WORK TASK =>
The word "omega" marks the lines to copy; find all of them in the entries below.

Stored data entries:
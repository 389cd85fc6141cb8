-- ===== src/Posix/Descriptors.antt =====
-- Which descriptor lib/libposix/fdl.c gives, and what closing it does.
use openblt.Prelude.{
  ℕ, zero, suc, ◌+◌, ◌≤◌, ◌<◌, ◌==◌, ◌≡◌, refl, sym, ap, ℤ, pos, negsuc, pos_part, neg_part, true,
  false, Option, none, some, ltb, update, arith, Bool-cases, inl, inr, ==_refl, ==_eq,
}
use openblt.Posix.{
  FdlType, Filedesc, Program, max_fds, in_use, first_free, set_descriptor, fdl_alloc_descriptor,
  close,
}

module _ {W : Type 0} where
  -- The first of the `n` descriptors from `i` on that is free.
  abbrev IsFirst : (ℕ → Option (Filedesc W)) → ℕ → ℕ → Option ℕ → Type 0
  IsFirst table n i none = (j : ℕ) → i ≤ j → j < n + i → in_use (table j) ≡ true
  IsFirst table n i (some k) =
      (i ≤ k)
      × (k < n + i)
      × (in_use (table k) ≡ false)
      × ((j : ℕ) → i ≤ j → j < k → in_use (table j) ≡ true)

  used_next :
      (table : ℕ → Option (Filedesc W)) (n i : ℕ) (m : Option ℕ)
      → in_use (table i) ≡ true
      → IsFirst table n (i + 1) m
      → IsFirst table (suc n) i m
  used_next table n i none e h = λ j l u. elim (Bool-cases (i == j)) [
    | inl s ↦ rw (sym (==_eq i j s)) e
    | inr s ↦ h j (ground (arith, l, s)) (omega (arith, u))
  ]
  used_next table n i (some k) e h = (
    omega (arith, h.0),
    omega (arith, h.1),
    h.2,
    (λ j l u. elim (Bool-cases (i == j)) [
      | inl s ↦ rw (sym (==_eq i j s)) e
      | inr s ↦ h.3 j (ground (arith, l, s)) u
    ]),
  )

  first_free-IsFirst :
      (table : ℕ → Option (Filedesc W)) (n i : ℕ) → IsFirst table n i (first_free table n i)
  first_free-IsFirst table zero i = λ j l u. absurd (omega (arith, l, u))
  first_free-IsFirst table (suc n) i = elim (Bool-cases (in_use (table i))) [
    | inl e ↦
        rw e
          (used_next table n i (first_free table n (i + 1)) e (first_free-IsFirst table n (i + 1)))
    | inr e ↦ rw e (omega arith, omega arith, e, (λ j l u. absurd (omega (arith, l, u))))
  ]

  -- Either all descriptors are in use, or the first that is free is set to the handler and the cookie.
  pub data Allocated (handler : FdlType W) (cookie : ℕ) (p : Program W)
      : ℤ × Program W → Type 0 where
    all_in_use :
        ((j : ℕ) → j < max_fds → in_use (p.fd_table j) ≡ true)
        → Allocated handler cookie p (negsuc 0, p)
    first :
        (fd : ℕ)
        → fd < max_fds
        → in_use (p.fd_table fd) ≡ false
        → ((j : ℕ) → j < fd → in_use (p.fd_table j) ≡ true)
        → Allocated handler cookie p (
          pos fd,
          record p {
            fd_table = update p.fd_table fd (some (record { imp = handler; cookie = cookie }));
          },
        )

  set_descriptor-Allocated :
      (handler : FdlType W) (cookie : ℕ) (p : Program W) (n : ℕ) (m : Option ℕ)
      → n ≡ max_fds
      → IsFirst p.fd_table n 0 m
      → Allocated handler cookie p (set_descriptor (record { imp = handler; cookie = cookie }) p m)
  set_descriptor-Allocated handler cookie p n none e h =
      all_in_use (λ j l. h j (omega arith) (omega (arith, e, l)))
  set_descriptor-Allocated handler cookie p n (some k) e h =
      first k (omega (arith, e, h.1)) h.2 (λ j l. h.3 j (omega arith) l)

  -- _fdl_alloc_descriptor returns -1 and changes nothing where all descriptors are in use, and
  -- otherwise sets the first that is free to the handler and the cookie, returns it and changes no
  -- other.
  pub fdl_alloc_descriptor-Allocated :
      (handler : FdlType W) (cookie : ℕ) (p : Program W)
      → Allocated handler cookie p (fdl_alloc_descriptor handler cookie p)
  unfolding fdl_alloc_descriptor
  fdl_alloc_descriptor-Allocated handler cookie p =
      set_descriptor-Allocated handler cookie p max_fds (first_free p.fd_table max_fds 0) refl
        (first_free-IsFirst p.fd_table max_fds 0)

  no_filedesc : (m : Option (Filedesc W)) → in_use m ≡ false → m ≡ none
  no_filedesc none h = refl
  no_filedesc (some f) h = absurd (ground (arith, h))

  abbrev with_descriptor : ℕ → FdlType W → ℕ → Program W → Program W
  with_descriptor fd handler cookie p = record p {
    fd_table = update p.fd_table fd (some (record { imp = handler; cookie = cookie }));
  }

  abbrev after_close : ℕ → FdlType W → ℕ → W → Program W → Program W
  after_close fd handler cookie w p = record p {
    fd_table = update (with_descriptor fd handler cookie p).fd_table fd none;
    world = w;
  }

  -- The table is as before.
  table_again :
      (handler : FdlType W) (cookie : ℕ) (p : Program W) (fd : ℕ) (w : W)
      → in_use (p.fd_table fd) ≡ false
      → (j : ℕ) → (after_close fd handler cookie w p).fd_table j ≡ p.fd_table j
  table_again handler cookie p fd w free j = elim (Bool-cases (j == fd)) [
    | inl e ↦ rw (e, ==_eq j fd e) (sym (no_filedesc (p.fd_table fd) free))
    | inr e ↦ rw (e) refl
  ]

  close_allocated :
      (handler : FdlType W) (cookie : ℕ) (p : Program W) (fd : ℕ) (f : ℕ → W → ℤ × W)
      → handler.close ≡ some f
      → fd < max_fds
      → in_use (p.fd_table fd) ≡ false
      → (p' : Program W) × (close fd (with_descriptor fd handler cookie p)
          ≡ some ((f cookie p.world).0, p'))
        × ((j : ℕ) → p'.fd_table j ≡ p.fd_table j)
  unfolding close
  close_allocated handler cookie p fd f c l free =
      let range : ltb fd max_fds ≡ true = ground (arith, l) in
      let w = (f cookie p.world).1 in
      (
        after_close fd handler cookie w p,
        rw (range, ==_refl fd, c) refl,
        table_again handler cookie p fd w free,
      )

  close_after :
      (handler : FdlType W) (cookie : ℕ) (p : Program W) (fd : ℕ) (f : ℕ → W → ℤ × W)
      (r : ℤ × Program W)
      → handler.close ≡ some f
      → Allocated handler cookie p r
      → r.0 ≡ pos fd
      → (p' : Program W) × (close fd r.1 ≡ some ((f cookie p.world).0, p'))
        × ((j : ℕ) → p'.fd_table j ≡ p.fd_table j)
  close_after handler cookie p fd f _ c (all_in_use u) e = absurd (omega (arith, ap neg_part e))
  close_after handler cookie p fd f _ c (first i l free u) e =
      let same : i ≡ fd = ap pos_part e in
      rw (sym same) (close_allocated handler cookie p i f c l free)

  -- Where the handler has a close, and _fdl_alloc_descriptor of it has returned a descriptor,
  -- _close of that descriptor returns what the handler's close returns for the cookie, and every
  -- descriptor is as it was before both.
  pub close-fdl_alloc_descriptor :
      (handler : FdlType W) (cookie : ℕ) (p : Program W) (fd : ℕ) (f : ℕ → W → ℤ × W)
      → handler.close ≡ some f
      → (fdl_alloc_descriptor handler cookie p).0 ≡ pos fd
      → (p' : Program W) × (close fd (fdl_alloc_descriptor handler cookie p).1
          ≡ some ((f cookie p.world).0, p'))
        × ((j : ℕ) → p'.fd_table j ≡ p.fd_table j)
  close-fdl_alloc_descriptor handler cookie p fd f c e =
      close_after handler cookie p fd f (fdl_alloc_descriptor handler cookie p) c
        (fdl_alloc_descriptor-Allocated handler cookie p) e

FINISHED EXERCISE =>
    | inr s ↦ h j (ground (arith, l, s)) (omega (arith, u))
    omega (arith, h.0),
    omega (arith, h.1),
  first_free-IsFirst table zero i = λ j l u. absurd (omega (arith, l, u))
    | inr e ↦ rw e (omega arith, omega arith, e, (λ j l u. absurd (omega (arith, l, u))))
      all_in_use (λ j l. h j (omega arith) (omega (arith, e, l)))
      first k (omega (arith, e, h.1)) h.2 (λ j l. h.3 j (omega arith) l)
  close_after handler cookie p fd f _ c (all_in_use u) e = absurd (omega (arith, ap neg_part e))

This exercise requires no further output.